On the harmonic number ($H_n$) upper and lower "classical" bounds: which of those is closest to $H_n$?

Note that since $\frac1x$ is convex, then we have

$$\log(n)=\int_1^n\frac1x\,dx<\frac12+\sum_{k=2}^{n-1}\frac1k+\frac1{2n}\tag1$$

Rearranging $(1)$ reveals

$$H_n-\log(n)>\frac12+\frac1{2n}>\frac12$$

Therefore, we have

$$H_n>\log(n)+\frac12$$

Consider the sequence $H_n-\log(n)$. Jensen's Inequality says $$ \begin{align} (H_n-\log(n))-(H_{n+1}-\log(n+1)) &=\log\left(1+\frac1n\right)-\frac1{n+1}\\ &=\int_n^{n+1}\frac1x\,\mathrm{d}x-\frac1{n+1}\\ &\ge\left(\int_n^{n+1}x\,\mathrm{d}x\right)^{-1}-\frac1{n+1}\\ &=\frac1{n+\frac12}-\frac1{n+1}\\ &=\frac1{(2n+1)(n+1)}\\ &\ge\frac1{(2n+1)\left(n+\frac32\right)}\\ &=\frac1{2n+1}-\frac1{2n+3}\tag1 \end{align} $$ Thus, $H_n-\log(n)$ is a decreasing sequence and the limit is $\gamma$, the Euler-Mascheroni Constant.
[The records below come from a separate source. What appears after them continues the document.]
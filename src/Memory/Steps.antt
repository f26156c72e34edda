-- ===== src/Memory/Steps.antt =====
-- Histories of calls of the memory driver. `bulk` and `later` are calls of `push`.
use ts_queue.Job.{Job, Dispatch}
use ts_queue.Memory.{
  MemoryConnection, push, pop, remove, release, fail, clear, close, pause, resume,
}
use ts_queue.Prelude.{ℕ, String, List, [], ◌∷◌, Option, none}

pub data Call : Type 0 where
  pushes : Dispatch → Call
  pops : String → ℕ → Call
  removes : String → Call
  releases : String → ℕ → ℕ → Call
  fails : String → String → ℕ → Call
  clears : String → Call
  closes : Call
  pauses : String → Call
  resumes : String → Call

-- The state after a call, and the job that it hands out.
unfoldable pub step : MemoryConnection → Call → MemoryConnection × Option Job
unfolding push pop remove release fail clear close pause resume
step c (pushes args) = ((push c args).0, none)
step c (pops queue now) = pop c queue now
step c (removes id) = (remove c id, none)
step c (releases id delay_ms now) = (release c id delay_ms now, none)
step c (fails id reason now) = (fail c id reason now, none)
step c (clears queue) = (clear c queue, none)
step c closes = (close c, none)
step c (pauses queue) = (pause c queue, none)
step c (resumes queue) = (resume c queue, none)

-- The state after a history.
unfoldable pub run : MemoryConnection → List Call → MemoryConnection
run c [] = c
run c (call ∷ calls) = run (step c call).0 calls

-- The jobs that the calls of a history hand out, in order.
unfoldable pub handed_out : MemoryConnection → List Call → List (Option Job)
handed_out c [] = []
handed_out c (call ∷ calls) = (step c call).1 ∷ handed_out (step c call).0 calls
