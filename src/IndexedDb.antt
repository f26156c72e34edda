-- ===== src/IndexedDb.antt =====
-- src/connections/indexeddb.connection.ts, on an open database. A record's key is its id, and every
-- cursor goes through the records of an index key by id: `jobs` stands in that order. Transactions
-- on one store do not overlap, so each transaction is one step on the state; `pop` is three.
pub mod Records
pub mod Twins
pub mod Pushes
pub mod Same
pub mod Spread
pub mod Kept
pub mod Follows
pub mod History
pub mod Agreement
pub mod Overlap
pub mod Opening
use ts_queue.Job.{
  Job, JobStatus, pending, delayed, reserved, Dispatch, create_queued_job, no_defaults, same_status,
  is_in_flight, truthy,
}
use ts_queue.Jobs.{
  get, put, without, oldest, is_due, reserve, released, marked_failed, is_duplicate, in_queue,
  has_id,
}
use ts_queue.Memory.Steps.{
  Call, pushes, pops, removes, releases, fails, clears, closes, pauses, resumes,
}
use ts_queue.Payload.{text_leb, units}
use ts_queue.Prelude.{
  ℕ, String, Bool, true, false, not, List, [], ◌∷◌, Option, none, some, or_default, is_some, count,
  keep, same, if◌then◌else◌,
}

pub record IndexedDbConnection : Type 0 where
  pub name : String
  pub jobs : List Job  -- the store `jobs:${name}`
  pub meta : String → Option Bool  -- the `paused` of the records of the store `meta:${name}`

-- A new key goes to its place in the order of keys.
unfoldable pub insert_record : Job → List Job → List Job
unfolding text_leb units
insert_record j [] = j ∷ []
insert_record j (k ∷ ks) =
    let rest = insert_record j ks in
    if text_leb (units j.id) (units k.id) then j ∷ k ∷ ks else k ∷ rest

-- `store.put(job)`
unfoldable pub put_record : Job → List Job → List Job
unfolding put insert_record
put_record j jobs = if is_some (get j.id jobs) then put j jobs else insert_record j jobs

-- The cursor of `push` on the index of deduplication ids: the last job in flight.
unfoldable pub last_duplicate : String → Option String → List Job → Option String
last_duplicate u found [] = found
last_duplicate u found (j ∷ js) =
    last_duplicate u (if is_duplicate u j then some j.id else found) js

unfoldable pub push : IndexedDbConnection → Dispatch → IndexedDbConnection × String
unfolding create_queued_job put_record last_duplicate
push c args =
    let job = create_queued_job c.name no_defaults args in
    let inserted : IndexedDbConnection × String =
      (record c { jobs = put_record job c.jobs }, job.id) in
    elim (truthy job.unique_id) [
      | none ↦ inserted
      | some u ↦ elim (truthy (last_duplicate u none c.jobs)) [
        | none ↦ inserted
        | some existing_id ↦ (c, existing_id)
      ]
    ]

unfoldable pub is_paused : IndexedDbConnection → String → Bool
is_paused c queue = or_default (c.meta queue) false

-- The second transaction of `pop`: the cursor on the index of queues.
unfoldable pub scan : IndexedDbConnection → String → ℕ → Option Job
unfolding oldest
scan c queue now = oldest (is_due now) none (keep (in_queue queue) c.jobs)

-- The third: it stores the job as the cursor saw it, with the new status.
unfoldable pub commit : IndexedDbConnection → Job → ℕ → IndexedDbConnection × Job
unfolding put_record
commit c chosen later =
    (record c { jobs = put_record (reserve later chosen) c.jobs }, reserve later chosen)

-- `pop` when no other call's transaction comes between its own; `later` is the clock at the third.
unfoldable pub pop : IndexedDbConnection → String → ℕ → ℕ → IndexedDbConnection × Option Job
unfolding is_paused scan commit
pop c queue now later = if is_paused c queue then (c, none) else elim (scan c queue now) [
  | none ↦ (c, none)
  | some chosen ↦ let (c', job) = commit c chosen later in (c', some job)
]

unfoldable pub count_matching : IndexedDbConnection → String → (Job → Bool) → ℕ
count_matching c queue predicate = count predicate (keep (in_queue queue) c.jobs)

unfoldable pub size : IndexedDbConnection → String → ℕ
unfolding count_matching
size c queue = count_matching c queue λ j. is_in_flight j.status

-- `pendingSize`, `delayedSize` and `reservedSize`.
unfoldable pub status_size : IndexedDbConnection → String → JobStatus → ℕ
unfolding count_matching
status_size c queue status = count_matching c queue λ j. same_status j.status status

unfoldable pub remove : IndexedDbConnection → String → IndexedDbConnection
remove c id = record c { jobs = without id c.jobs }

unfoldable pub mutate : IndexedDbConnection → String → (Job → Job) → IndexedDbConnection
unfolding put_record
mutate c id mutator = elim (get id c.jobs) [
  | none ↦ c
  | some job ↦ record c { jobs = put_record (mutator job) c.jobs }
]

unfoldable pub release : IndexedDbConnection → String → ℕ → ℕ → IndexedDbConnection
unfolding mutate
release c id delay_ms now = mutate c id (released delay_ms now)

unfoldable pub fail : IndexedDbConnection → String → String → ℕ → IndexedDbConnection
unfolding mutate
fail c id reason now = mutate c id (marked_failed reason now)

unfoldable pub clear : IndexedDbConnection → String → IndexedDbConnection
clear c queue = record c { jobs = keep (λ j. not (in_queue queue j)) c.jobs }

unfoldable pub write_meta : IndexedDbConnection → String → Bool → IndexedDbConnection
write_meta c queue paused = record c { meta = λ q. if same queue q then some paused else c.meta q }

unfoldable pub pause : IndexedDbConnection → String → IndexedDbConnection
unfolding write_meta
pause c queue = write_meta c queue true

unfoldable pub resume : IndexedDbConnection → String → IndexedDbConnection
unfolding write_meta
resume c queue = write_meta c queue false

-- The handle is given up; the database keeps what it has.
unfoldable pub close : IndexedDbConnection → IndexedDbConnection
close c = c

-- A call of the driver, with the job that it hands out.
unfoldable pub step : IndexedDbConnection → Call → IndexedDbConnection × Option Job
unfolding push pop remove release fail clear close pause resume
step c (pushes args) = ((push c args).0, none)
step c (pops queue now) = pop c queue now now
step c (removes id) = (remove c id, none)
step c (releases id delay_ms now) = (release c id delay_ms now, none)
step c (fails id reason now) = (fail c id reason now, none)
step c (clears queue) = (clear c queue, none)
step c closes = (close c, none)
step c (pauses queue) = (pause c queue, none)
step c (resumes queue) = (resume c queue, none)
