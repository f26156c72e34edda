-- ===== src/Broadcast.antt =====
-- src/connections/broadcast-channel.connection.ts: the IndexedDB driver for the tab that leads.
-- The coordinator of the tabs is another package: a tab asks it whether it leads.

pub mod Tabs
use ts_queue.IndexedDb
use ts_queue.IndexedDb.{IndexedDbConnection}
use ts_queue.Job.{Job, Dispatch}
use ts_queue.Prelude.{ℕ, String, Bool, false, not, Option, none, some, if◌then◌else◌}

-- `this.coordinator && !this.coordinator.isLeader()`; a tab without a coordinator is no follower.
abbrev pub is_follower : Option Bool → Bool
is_follower none = false
is_follower (some is_leader) = not is_leader

unfoldable pub push : IndexedDbConnection → Dispatch → IndexedDbConnection × String
push c args = IndexedDb.push c args

-- `coordinator` is the coordinator's answer, if there is one.
unfoldable pub pop :
    Option Bool → IndexedDbConnection → String → ℕ → ℕ → IndexedDbConnection × Option Job
unfolding IndexedDb.pop
pop coordinator c queue now later =
    if is_follower coordinator then (c, none) else IndexedDb.pop c queue now later

unfoldable pub close : IndexedDbConnection → IndexedDbConnection
close c = IndexedDb.close c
Furthermore, summing $(1)$ yields $$ H_n-\log(n)\ge\gamma+\frac1{2n+1}\tag2 $$ As shown in this answer, $\gamma=0.57721566490153286060651209$. Thus, $H_n-\log(n)$ is closer to $1$ than to $\frac1n$ for $n\ge2$.

---

We can get an upper bound on $H_n-\log(n)$ as follows $$ \begin{align} (H_n-\log(n))-(H_{n+1}-\log(n+1)) &=\log\left(1+\frac1n\right)-\frac1{n+1}\\ &=\int_0^{1/n}\frac{x}{(1+x)^2}\,\mathrm{d}x\\ &\le\int_0^{1/n}x\,\mathrm{d}x\\ &=\frac1{2n^2}\\ &\le\frac1{2n-1}-\frac1{2n+1}\tag3 \end{align} $$ Summing $(3)$ yields $$ H_n-\log(n)\le\gamma+\frac1{2n-1}\tag4 $$

I finally got a proof. The area under $1/x$ from 1 to $n$

$\;\displaystyle \int_{1}^n \frac{1}{x}\, dx = \ln n\;$

could be bounded by using the trapezoidal rule. As a result,

$\displaystyle \sum_{k=1}^{n-1} \frac{1}{2}\left(\frac{1}{k} + \frac{1}{k+1}\right)1 \; \; > \;\; \ln n$

which implies that

$\displaystyle H_n \;\; > \;\; \ln n \,+\, \frac{1}{2} \,+\, \frac{1}{2n}$

by using the definition of $H_n$ in the summation.